5 VPN Shortcomings That Put OT Security and Uptime at Risk

This blog explains why VPNs fall short in OT environments, exposing organizations to risks like lateral movement, lack of visibility, and insecure protocol access. By contrast, a zero trust, identity-based approach enables secure remote access with granular control, full visibility, and real-time enforcement.

Secure Remote Access for OT Faces Growing Pains  

Remote connectivity has brought significant benefits to industrial organizations – from faster incident response to reduced operational costs. However, the expansion of remote access into operational technology (OT) environments has also introduced a rapidly growing attack surface for cyber threats targeting cyber-physical systems (CPS).

Ransomware, credentials theft, and supply chain attacks are no longer IT-only concerns. Today, they directly threaten uptime, safety, and physical operations.

But despite the escalating risks, many industrial organizations continue to rely on traditional secure remote access (SRA) solutions to provide remote connectivity to CPS and critical infrastructure.  

Analyst firm Gartner® acknowledged this problem in a recent report, entitled Innovation Insight: CPS Secure Remote Access Solutions. The report states, “Historical VPN and jump-server-based approaches have proven increasingly unsecure and complex to manage.”1   

In other words: tools designed for IT settings are being stretched beyond their limits when deployed in OT environments, where both the priorities and the stakes are fundamentally different.

What Is a VPN?

A Virtual Private Network (VPN) is a cybersecurity technology that creates an encrypted connection (or “tunnel”) between a remote user and a private network, allowing users to access internal systems from outside the organization.

How VPNs Work

  • A user connects to the VPN using credentials (and often multi-factor authentication)

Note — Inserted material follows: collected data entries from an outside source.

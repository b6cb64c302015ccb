-- ===== src/Services/Lookup.antt =====
-- `Register` and what `Find` returns afterwards.
use framekit.Base.{
  ℕ, ◌≡◌, refl, ap, sym, ◌∙◌, Bool, true, false, not, ◌&&◌, ◌||◌, List, Option, none, some, is_some,
  true-ne-false, if◌then◌else◌, if_cases, ◌==◌, arith,
}
use framekit.Base.Assoc.{lookup, insert, lookup-insert}
use framekit.Services.{
  ServiceContext, ServiceContextPhase, ServiceKey, ServiceEntry, ServiceOwnership, service_key_eq,
  opened, frozen, teardown, context_owned, external_owned, is_open, stored, store, register,
  found_instance, find_in, find,
}

module _ {S : Type 0} (is_alive : S → Bool) where
  -- What a registered service is found as: an external one only while it exists.
  abbrev pub shown : S → ServiceOwnership → Option S
  shown service context_owned = some service
  shown service external_owned = if is_alive service then some service else none

  found-stored :
      (service : S) (ownership : ServiceOwnership) (n : ℕ)
      → found_instance is_alive (some (stored service ownership n)) ≡ shown service ownership
  found-stored service context_owned n = refl
  found-stored service external_owned n = refl

  found-chosen :
      (service : S) (ownership : ServiceOwnership) (n : ℕ) (o : Option (ServiceEntry S)) (b : Bool)
      → found_instance is_alive (if b then some (stored service ownership n) else o)
        ≡ (if b then shown service ownership else found_instance is_alive o)
  found-chosen service ownership n o true = found-stored service ownership n
  found-chosen service ownership n o false = refl

  find_in-open :
      (c : ServiceContext S) (k : ServiceKey) (phase : ServiceContextPhase)
      → is_open phase ≡ true
      → find_in is_alive c k phase ≡ found_instance is_alive (lookup k c.entries)
  find_in-open c k opened h = refl
  find_in-open c k frozen h = absurd (true-ne-false (sym h))
  find_in-open c k teardown h = absurd (true-ne-false (sym h))

  found-insert :
      (k j : ServiceKey) (service : S) (ownership : ServiceOwnership) (n : ℕ)
      (m : List (ServiceKey × ServiceEntry S))
      → found_instance is_alive (lookup j (insert k (stored service ownership n) m))
        ≡ (if k == j then shown service ownership else found_instance is_alive (lookup j m))
  found-insert k j service ownership n m =
      ap (found_instance is_alive) (lookup-insert k j (stored service ownership n) m)
      ∙ found-chosen service ownership n (lookup j m) (k == j)

  find-store :
      (c : ServiceContext S) (service : S) (k j : ServiceKey) (ownership : ServiceOwnership)
      (existing : Option (ServiceEntry S))
      → is_open c.phase ≡ true
      → find is_alive (store c service k ownership existing) j
        ≡ (if k == j then shown service ownership else find is_alive c j)
  unfolding find store
  find-store c service k j ownership none open_ =
      find_in-open (store c service k ownership none) j c.phase open_
      ∙ found-insert k j service ownership _ c.entries
      ∙ ap (λ o. if k == j then shown service ownership else o)
          (sym (find_in-open c j c.phase open_))
  find-store c service k j ownership (some entry) open_ =
      find_in-open (store c service k ownership (some entry)) j c.phase open_
      ∙ found-insert k j service ownership _ c.entries
      ∙ ap (λ o. if k == j then shown service ownership else o)
          (sym (find_in-open c j c.phase open_))

  abbrev Registered :
      ServiceContext S
      → S
      → ServiceKey
      → ServiceOwnership
      → (replace_existing : Bool) → ServiceKey
      → ServiceContext S × Bool
      → Type 0
  Registered c service k ownership replace_existing j (d, done) =
      (done ≡ (is_open c.phase && (not (is_some (lookup k c.entries)) || replace_existing)))
      × (find is_alive d j
          ≡ (if done && k == j then shown service ownership else find is_alive c j))

  -- `Register` succeeds on a context that is open, under a key that is free or may be replaced.
  -- Then `Find` returns the service for that key, an external one only while it exists, and what it
  -- returned before for any other key; and when `Register` refuses, nothing changes for `Find`.
  pub find-register :
      (c : ServiceContext S) (service : S) (k : ServiceKey) (ownership : ServiceOwnership)
      (replace_existing : Bool) (j : ServiceKey)
      → let (d, done) = register c (some service) k ownership replace_existing in
        (done ≡ (is_open c.phase && (not (is_some (lookup k c.entries)) || replace_existing)))
        × (find is_alive d j
            ≡ (if done && k == j then shown service ownership else find is_alive c j))
  unfolding register
  find-register c service k ownership replace_existing j =
      if_cases (Registered c service k ownership replace_existing j)
        (not (is_open c.phase) || (is_some (lookup k c.entries) && not replace_existing))
        (λ refused. (ground (arith, refused), refl))
        (λ passed.
          (ground (arith, passed), find-store c service k j ownership _ (ground (arith, passed))))
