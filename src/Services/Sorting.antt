-- ===== src/Services/Sorting.antt =====
-- Sorting the owned services by their numbers: `std::sort` in `BeginTeardown`.
use mathlib.Core.List.{Permᴰ, reverse-cons}
use framekit.Base.{
  ℕ, ◌<◌, ◌≡◌, refl, ◌≢◌, ap, sym, subst, ◌∙◌, List, [], ◌∷◌, ◌++◌, reverse, All, All-append,
  if◌then◌else◌, if_cases, arith,
}
use framekit.Base.Falling.{Ascending}
use framekit.Services.Registered.{numbers}
use framekit.Services.{
  ServiceKey, ServiceEntry, OrderedEntry, is_external, ordered_entry, owned_entries,
  insert_later_first, sort_later_first,
}

insert-insert :
    (x y : OrderedEntry) (l : List OrderedEntry)
    → x.sequence ≢ y.sequence
    → insert_later_first x (insert_later_first y l) ≡ insert_later_first y (insert_later_first x l)
unfolding insert_later_first
insert-insert x y [] h = ground arith
insert-insert x y (z ∷ l) h = ground (arith, insert-insert x y l h)

insert-last :
    (x : OrderedEntry) (l : List OrderedEntry)
    → All (λ y. x.sequence < y.sequence) l
    → insert_later_first x l ≡ l ++ x ∷ []
unfolding insert_later_first
insert-last x [] h = refl
insert-last x (y ∷ l) h = ground (arith, insert-last x l h.1)

-- The sequence numbers rise along a list of entries.
abbrev pub Rising : List OrderedEntry → Type 0
Rising [] = Unit
Rising (x ∷ xs) = All (λ y. x.sequence < y.sequence) xs × Rising xs

All-reverse : (P : OrderedEntry → Type 0) (l : List OrderedEntry) → All P l → All P (reverse l)
All-reverse P [] h = tt
All-reverse P (x ∷ xs) h =
    subst (All P) (sym (reverse-cons x xs))
      (All-append P (reverse xs) (x ∷ []) (All-reverse P xs h.1) (h.0, tt))

pub sort-Rising : (l : List OrderedEntry) → Rising l → sort_later_first l ≡ reverse l
unfolding sort_later_first
sort-Rising [] h = refl
sort-Rising (x ∷ xs) h =
    ap (insert_later_first x) (sort-Rising xs h.1)
    ∙ insert-last x (reverse xs) (All-reverse _ xs h.0)
    ∙ sym (reverse-cons x xs)

module _ {S : Type 0} where
  abbrev pub Apart : List (ServiceKey × ServiceEntry S) → Type 0
  Apart [] = Unit
  Apart (x ∷ xs) = All (λ y. x.1.sequence ≢ y.1.sequence) xs × Apart xs

  All-Perm :
      {l m : List (ServiceKey × ServiceEntry S)} (P : ServiceKey × ServiceEntry S → Type 0)
      → Permᴰ l m
      → All P l
      → All P m
  All-Perm P Permᴰ.nil h = h
  All-Perm P (Permᴰ.cons e d) h = (subst P e h.0, All-Perm P d h.1)
  All-Perm P (Permᴰ.swap e f) h = (subst P f h.1.0, (subst P e h.0, h.1.1))
  All-Perm P (Permᴰ.trans c d) h = All-Perm P d (All-Perm P c h)

  Apart-Perm : {l m : List (ServiceKey × ServiceEntry S)} → Permᴰ l m → Apart l → Apart m
  Apart-Perm Permᴰ.nil h = h
  Apart-Perm (Permᴰ.cons {a} {b} {l₁} {l₂} e d) h = (
    All-Perm _ d (subst (λ c. All (λ y. c.1.sequence ≢ y.1.sequence) l₁) e h.0),
    Apart-Perm d h.1,
  )
  Apart-Perm (Permᴰ.swap {a} {b} {a'} {b'} {l} e f) h =
      subst (λ c. Apart (a' ∷ c ∷ l)) e
        (subst (λ c. Apart (c ∷ a ∷ l)) f ((λ same. h.0.0 (sym same), h.1.0), (h.0.1, h.1.1)))
  Apart-Perm (Permᴰ.trans c d) h = Apart-Perm d (Apart-Perm c h)

  abbrev pub sorted : List (ServiceKey × ServiceEntry S) → List OrderedEntry
  sorted l = sort_later_first (owned_entries l)

  abbrev placed : ServiceKey × ServiceEntry S → List OrderedEntry → List OrderedEntry
  placed (k, entry) l =
      if is_external entry.ownership then l else insert_later_first (ordered_entry k entry) l

  sorted-cons :
      (p : ServiceKey × ServiceEntry S) (l : List (ServiceKey × ServiceEntry S))
      → sorted (p ∷ l) ≡ placed p (sorted l)
  unfolding owned_entries sort_later_first
  sorted-cons p l = ground arith

  placed-placed :
      (p q : ServiceKey × ServiceEntry S) (l : List OrderedEntry)
      → p.1.sequence ≢ q.1.sequence
      → placed p (placed q l) ≡ placed q (placed p l)
  placed-placed p q l h =
      ground (arith, insert-insert (ordered_entry p.0 p.1) (ordered_entry q.0 q.1) l h)

  sorted-swap :
      (p q : ServiceKey × ServiceEntry S) (l : List (ServiceKey × ServiceEntry S))
      → p.1.sequence ≢ q.1.sequence
      → sorted (p ∷ q ∷ l) ≡ sorted (q ∷ p ∷ l)
  sorted-swap p q l h =
      sorted-cons p (q ∷ l)
      ∙ ap (placed p) (sorted-cons q l)
      ∙ placed-placed p q (sorted l) h
      ∙ sym (ap (placed q) (sorted-cons p l))
      ∙ sym (sorted-cons q (p ∷ l))

  pub sorted-Perm :
      {l m : List (ServiceKey × ServiceEntry S)} → Permᴰ l m → Apart l → sorted l ≡ sorted m
  sorted-Perm Permᴰ.nil h = refl
  sorted-Perm (Permᴰ.cons {a} {b} {l₁} {l₂} e d) h =
      sorted-cons a l₁
      ∙ ap (placed a) (sorted-Perm d h.1)
      ∙ sym (sorted-cons a l₂)
      ∙ ap (λ c. sorted (c ∷ l₂)) e
  sorted-Perm (Permᴰ.swap {a} {b} {a'} {b'} {l} e f) h =
      sorted-swap a b l h.0.0 ∙ ap (λ c. sorted (c ∷ a ∷ l)) f ∙ ap (λ c. sorted (a' ∷ c ∷ l)) e
  sorted-Perm (Permᴰ.trans c d) h = sorted-Perm c h ∙ sorted-Perm d (Apart-Perm c h)

  pub Apart-Ascending : (l : List (ServiceKey × ServiceEntry S)) → Ascending (numbers l) → Apart l
  Apart-Ascending [] h = tt
  Apart-Ascending ((k, e) ∷ l) h = (all_apart l e.sequence h.0, Apart-Ascending l h.1)
    where
      all_apart :
          (l : List (ServiceKey × ServiceEntry S)) (n : ℕ)
          → All (λ m. n < m) (numbers l)
          → All (λ y. n ≢ y.1.sequence) l
      all_apart [] n h = tt
      all_apart ((k, e) ∷ l) n h = (λ same. omega (arith, same), all_apart l n h.1)

  owned-above :
      (l : List (ServiceKey × ServiceEntry S)) (n : ℕ)
      → All (λ m. n < m) (numbers l)
      → All (λ y. n < y.sequence) (owned_entries l)
  unfolding owned_entries
  owned-above [] n h = tt
  owned-above ((k, e) ∷ l) n h =
      if_cases (All (λ y. n < y.sequence)) (is_external e.ownership) (λ _. owned-above l n h.1)
        (λ _. (h.0, owned-above l n h.1))

  pub owned-Rising :
      (l : List (ServiceKey × ServiceEntry S)) → Ascending (numbers l) → Rising (owned_entries l)
  unfolding owned_entries
  owned-Rising [] h = tt
  owned-Rising ((k, e) ∷ l) h =
      if_cases Rising (is_external e.ownership) (λ _. owned-Rising l h.1)
        (λ _. (owned-above l e.sequence h.0, owned-Rising l h.1))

  • The VPN encrypts traffic between the user’s device and the network

  • The user is placed inside the network perimeter, as if they were on-site

  • Once connected, the user typically gains broad, network-level access to systems and applications

Why VPNs Create Risk in OT Environments

  • Extends the network perimeter to external users and devices

  • Lacks granular, asset-level access control

  • Provides limited visibility into user activity after login

  • Allows lateral movement across critical systems

While the VPN access model can work well in corporate IT, it introduces significant risk in sensitive OT environments that demand granular access control, continuous monitoring, and strict operational safeguards.

VPNs Are Under Attack and Increasingly Exploitable

VPNs have become a prime target for attackers. According to a 2023 survey on VPN risk, “nearly half of organizations reported they have been targeted by cyber attackers who were able to exploit a VPN vulnerability like outdated protocols or data leaks, with one in five experiencing an attack in the past year.”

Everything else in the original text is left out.